** Opening EXTRACTED MATERIAL block **

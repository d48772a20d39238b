-- ===== src/Lights/Frame.antt =====
-- `light_frame`: the colour and brightness of a mode at a moment. The pulse is computed on 32-bit
-- words, whose wrap-around is written out.
use openathan.Base.{
  ℕ, ◌+◌, ◌-◌, ◌*◌, ◌/◌, ◌%◌, ◌≤◌, ◌<◌, ◌≡◌, ◌≢◌, ◌⊎◌, ap, ◌∙◌, leb, ltb, ◌==◌, if◌then◌else◌,
  arith,
}
use openathan.Bytes.{u32_mod}
use openathan.Lights.Mode.{LightMode, off, green, orange, red, playing_mode, waiting, fault_mode}

pub record LightFrame : Type 0 where
  pub red_part : ℕ
  pub green_part : ℕ
  pub blue_part : ℕ
  pub brightness : ℕ

abbrev pub frame_of : ℕ → ℕ → ℕ → ℕ → LightFrame
frame_of r g b brightness = record {
  red_part = r;
  green_part = g;
  blue_part = b;
  brightness = brightness;
}

-- `level`: 26 to 255, up and down in three seconds.
pulse_x : ℕ → ℕ
pulse_x ms =
    let phase = ms % 3000 in
    (if leb phase 1500 then phase else 3000 - phase) * 1024 / 1500 % u32_mod

eased : ℕ → ℕ
eased x = x * x * (3072 - 2 * x) % u32_mod / (1024 * 1024)

unfoldable pub pulse_level : ℕ → ℕ
unfolding pulse_x eased
pulse_level ms = 26 + eased (pulse_x ms) * 229 / 1024

dimmed : ℕ → ℕ → ℕ
dimmed brightness level =
    if brightness == 0
    then 0
    else let scaled = brightness * level / 255 in if ltb scaled 1 then 1 else scaled

capped : ℕ → ℕ
capped brightness = if leb brightness 100 then brightness else 100

unfoldable pub light_frame : LightMode → ℕ → ℕ → LightFrame
unfolding dimmed capped pulse_level
light_frame off brightness ms = frame_of 0 0 0 0
light_frame green brightness ms = frame_of 0 255 0 (capped brightness)
light_frame orange brightness ms = frame_of 255 96 0 (capped brightness)
light_frame red brightness ms = frame_of 255 0 0 (capped brightness)
light_frame fault_mode brightness ms =
    frame_of 255 0 0 (dimmed (capped brightness) (pulse_level ms))
light_frame playing_mode brightness ms =
    frame_of 0 0 255 (dimmed (capped brightness) (pulse_level ms))
light_frame waiting brightness ms =
    frame_of 255 255 255 (dimmed (capped brightness) (pulse_level ms))

pulse_x-le : (ms : ℕ) → pulse_x ms ≤ 1024
unfolding pulse_x
pulse_x-le ms = ground arith

-- The smoothstep of `x` and that of its mirror image add up to the whole.
mirror : (x y : ℕ) → x + y ≡ 1024 → x * x * (1024 + 2 * y) + y * y * (1024 + 2 * x) ≡ 1_073_741_824
mirror x y e = omega (
  arith,
  ap (λ (t : ℕ). t * t * t) e,
  ap (λ (t : ℕ). x * x * t) e,
  ap (λ (t : ℕ). x * y * t) e,
  ap (λ (t : ℕ). y * y * t) e,
)

cubic-le : (x : ℕ) → x ≤ 1024 → x * x * (3072 - 2 * x) ≤ 1_073_741_824
cubic-le x h =
    let e : 3072 - 2 * x ≡ 1024 + 2 * (1024 - x) = omega arith in
    rw (e) (omega (arith, mirror x (1024 - x) (omega arith)))

eased-le : (x : ℕ) → x ≤ 1024 → eased x ≤ 1024
unfolding eased
eased-le x h = omega (arith, cubic-le x h)

pulse_level_bounds : (ms : ℕ) → (26 ≤ pulse_level ms) × (pulse_level ms ≤ 255)
unfolding pulse_level
pulse_level_bounds ms = ground (arith, eased-le (pulse_x ms) (pulse_x-le ms))

-- The level without the wrap-around of 32-bit words.
abbrev unbounded_x : ℕ → ℕ
unbounded_x ms =
    let phase = ms % 3000 in (if leb phase 1500 then phase else 3000 - phase) * 1024 / 1500

abbrev unbounded_level : ℕ → ℕ
unbounded_level x = 26 + x * x * (3072 - 2 * x) / (1024 * 1024) * 229 / 1024

pulse_x-unbounded_x : (ms : ℕ) → pulse_x ms ≡ unbounded_x ms
unfolding pulse_x
pulse_x-unbounded_x ms = ground arith

unbounded_level-eased : (x : ℕ) → x ≤ 1024 → 26 + eased x * 229 / 1024 ≡ unbounded_level x
unfolding eased
unbounded_level-eased x h = omega (arith, cubic-le x h)

-- The words of the pulse never overflow: at every moment the level is the one that unbounded
-- integers give.
pub pulse_level_exact : (ms : ℕ) → pulse_level ms ≡ unbounded_level (unbounded_x ms)
unfolding pulse_level
pulse_level_exact ms =
    unbounded_level-eased (pulse_x ms) (pulse_x-le ms) ∙ ap unbounded_level (pulse_x-unbounded_x ms)

dimmed_bounds : (b level : ℕ) → level ≤ 255 → (dimmed b level ≤ b) × (0 < b → 0 < dimmed b level)
unfolding dimmed
dimmed_bounds b level h =
    let whole : level + (255 - level) ≡ 255 = omega arith in
    ground (arith, ap (λ (t : ℕ). b * t) whole)

light_frame_bounds :
    (mode : LightMode) (brightness ms : ℕ)
    → let shown = (light_frame mode brightness ms).brightness in
      (shown ≤ brightness) × (shown ≤ 100) × ((mode ≡ off) ⊎ ((brightness ≡ 0) ⊎ (0 < shown)))
unfolding light_frame capped
light_frame_bounds mode brightness ms = ground (
  arith,
  dimmed_bounds brightness (pulse_level ms) (pulse_level_bounds ms).1,
  dimmed_bounds 100 (pulse_level ms) (pulse_level_bounds ms).1,
)

-- A frame is never brighter than the chosen percentage nor than a hundred per cent.
pub light_frame_brightness :
    (mode : LightMode) (brightness ms : ℕ)
    → ((light_frame mode brightness ms).brightness ≤ brightness)
      × ((light_frame mode brightness ms).brightness ≤ 100)
light_frame_brightness mode brightness ms =
    let facts = light_frame_bounds mode brightness ms in (facts.0, facts.1)

-- In every mode but `off`, a chosen percentage above zero stays visible at every moment.
pub light_frame_visible :
    (mode : LightMode) (brightness ms : ℕ)
    → mode ≢ off
    → 0 < brightness
    → 0 < (light_frame mode brightness ms).brightness
light_frame_visible mode brightness ms lit chosen =
    ground (arith, light_frame_bounds mode brightness ms)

** Closing EXTRACTED MATERIAL block **

▶ TASK TO CARRY OUT: Please reproduce the lines from the line with "light_frame playing_mode brightness" to the line with "ap (λ (t : ℕ). x * x", both ends included, exactly as they appear above.

▶ ANSWER SPACE:
light_frame playing_mode brightness ms =
    frame_of 0 0 255 (dimmed (capped brightness) (pulse_level ms))
light_frame waiting brightness ms =
    frame_of 255 255 255 (dimmed (capped brightness) (pulse_level ms))

pulse_x-le : (ms : ℕ) → pulse_x ms ≤ 1024
unfolding pulse_x
pulse_x-le ms = ground arith

-- The smoothstep of `x` and that of its mirror image add up to the whole.
mirror : (x y : ℕ) → x + y ≡ 1024 → x * x * (1024 + 2 * y) + y * y * (1024 + 2 * x) ≡ 1_073_741_824
mirror x y e = omega (
  arith,
  ap (λ (t : ℕ). t * t * t) e,
  ap (λ (t : ℕ). x * x * t) e,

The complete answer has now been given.